Material for the task:
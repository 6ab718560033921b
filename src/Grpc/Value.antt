-- ===== src/Grpc/Value.antt =====
-- Statuses and reply values of crates/redis-web-runtime/src/grpc.rs.
use redis_web.Prelude.{Bool, true, false, ◌||◌, Result, ok, err, ◌>>=◌, ◌≡◌, refl, ◌⊎◌, inl, inr}
use redis_web.Text.{Bytes, codes}
use redis_web.Text.Decimal.{ℤ}
use redis_web.Resp.Reply.{Value, Values, no_values, value}

-- The status codes that the crate sets; `other_code` is a code of the transport.
pub data Code : Type 0 where
  invalid_argument permission_denied unavailable internal : Code
  other_code : Bytes → Code

pub record Status : Type 0 where
  pub code : Code
  pub message : Bytes

-- the message `RedisValue`, by its `kind`
mutual
  pub data RedisValue : Type 0 where
    nil : RedisValue
    integer : ℤ → RedisValue
    bulk_bytes simple_string : Bytes → RedisValue
    array : RedisArray → RedisValue

  pub data RedisArray : Type 0 where
    empty : RedisArray
    values : RedisValue → RedisArray → RedisArray

abbrev unsupported_reply : Status
unsupported_reply = record {
  code = internal;
  message = codes "unsupported Redis reply type for gRPC response";
}

unfoldable mutual
  pub redis_value_to_proto : Value → Result Status RedisValue
  redis_value_to_proto Value.nil = ok nil
  redis_value_to_proto (Value.int i) = ok (integer i)
  redis_value_to_proto (Value.bulk_string bytes) = ok (bulk_bytes bytes)
  redis_value_to_proto (Value.array items) =
      values_to_proto items >>= λ converted. ok (array converted)
  redis_value_to_proto (Value.simple_string s) = ok (simple_string s)
  redis_value_to_proto Value.okay = ok (simple_string (codes "OK"))
  redis_value_to_proto (Value.resp3 _) = err unsupported_reply

  -- the loop over an array, which stops at the first error
  values_to_proto : Values → Result Status RedisArray
  values_to_proto no_values = ok empty
  values_to_proto (value v vs) =
      redis_value_to_proto v >>= λ first. values_to_proto vs >>= λ others. ok (values first others)

unfoldable mutual
  -- the reply that a message stands for
  from_proto : RedisValue → Value
  from_proto nil = Value.nil
  from_proto (integer i) = Value.int i
  from_proto (bulk_bytes bytes) = Value.bulk_string bytes
  from_proto (simple_string s) = Value.simple_string s
  from_proto (array vs) = Value.array (from_protos vs)

  from_protos : RedisArray → Values
  from_protos empty = no_values
  from_protos (values v vs) = value (from_proto v) (from_protos vs)

unfoldable mutual
  -- is there a RESP3 value, at any depth?
  has_resp3 : Value → Bool
  has_resp3 Value.nil = false
  has_resp3 (Value.int i) = false
  has_resp3 (Value.bulk_string bytes) = false
  has_resp3 (Value.array items) = items_have_resp3 items
  has_resp3 (Value.simple_string s) = false
  has_resp3 Value.okay = false
  has_resp3 (Value.resp3 _) = true

  items_have_resp3 : Values → Bool
  items_have_resp3 no_values = false
  items_have_resp3 (value v vs) = has_resp3 v || items_have_resp3 vs

mutual
  unfolding redis_value_to_proto from_proto

  to_proto-from_proto : (v : RedisValue) → redis_value_to_proto (from_proto v) ≡ ok v
  to_proto-from_proto nil = refl
  to_proto-from_proto (integer i) = refl
  to_proto-from_proto (bulk_bytes bytes) = refl
  to_proto-from_proto (simple_string s) = refl
  to_proto-from_proto (array vs) = rw (to_protos-from_protos vs) refl

  to_protos-from_protos : (vs : RedisArray) → values_to_proto (from_protos vs) ≡ ok vs
  to_protos-from_protos empty = refl
  to_protos-from_protos (values v vs) = rw (to_proto-from_proto v, to_protos-from_protos vs) refl

-- Each message is the reply that it stands for, converted.
redis_value_to_proto-from_proto : (v : RedisValue) → redis_value_to_proto (from_proto v) ≡ ok v
redis_value_to_proto-from_proto v = to_proto-from_proto v

abbrev Converts {ℓ} : {A : Type ℓ} → Result Status A → Bool → Type ℓ
Converts r true = r ≡ err unsupported_reply
Converts {A = A} r false = (a : A) × (r ≡ ok a)

mutual
  unfolding redis_value_to_proto has_resp3

  value-Converts : (v : Value) → Converts (redis_value_to_proto v) (has_resp3 v)
  value-Converts Value.nil = (nil, refl)
  value-Converts (Value.int i) = (integer i, refl)
  value-Converts (Value.bulk_string bytes) = (bulk_bytes bytes, refl)
  value-Converts (Value.array items) = wrapped (items_have_resp3 items) (items-Convert items)
    where
      wrapped :
          (b : Bool)
          → Converts (values_to_proto items) b
          → Converts (values_to_proto items >>= λ converted. ok (array converted)) b
      wrapped true e = rw (e) refl
      wrapped false (a, e) = (array a, rw (e) refl)
  value-Converts (Value.simple_string s) = (simple_string s, refl)
  value-Converts Value.okay = (simple_string (codes "OK"), refl)
  value-Converts (Value.resp3 _) = refl

  items-Convert : (vs : Values) → Converts (values_to_proto vs) (items_have_resp3 vs)
  items-Convert no_values = (empty, refl)
  items-Convert (value v vs) =
      both (has_resp3 v) (items_have_resp3 vs) (value-Converts v) (items-Convert vs)
    where
      both :
          (b c : Bool)
          → Converts (redis_value_to_proto v) b
          → Converts (values_to_proto vs) c
          → Converts
              (redis_value_to_proto v >>= λ first.
                values_to_proto vs >>= λ others. ok (values first others))
              (b || c)
      both true c e d = rw (e) refl
      both false true (a, e) d = rw (e, d) refl
      both false false (a, e) (as', d) = (values a as', rw (e, d) refl)

-- A reply is refused exactly if it has a RESP3 value somewhere, in an array too.
redis_value_to_proto_refuses :
    (v : Value)
    → ((has_resp3 v ≡ true) × (redis_value_to_proto v ≡ err unsupported_reply))
      ⊎ ((has_resp3 v ≡ false) × ((p : RedisValue) × (redis_value_to_proto v ≡ ok p)))
redis_value_to_proto_refuses v = go (has_resp3 v) refl (value-Converts v)
  where
    go :
        (b : Bool)
        → has_resp3 v ≡ b
        → Converts (redis_value_to_proto v) b
        → ((has_resp3 v ≡ true) × (redis_value_to_proto v ≡ err unsupported_reply))
          ⊎ ((has_resp3 v ≡ false) × ((p : RedisValue) × (redis_value_to_proto v ≡ ok p)))
    go true h e = inl (h, e)
    go false h e = inr (h, e)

Assignment: Count each line of the listing above in which "Text" appears, and give that count with nothing added.

Written reply: 2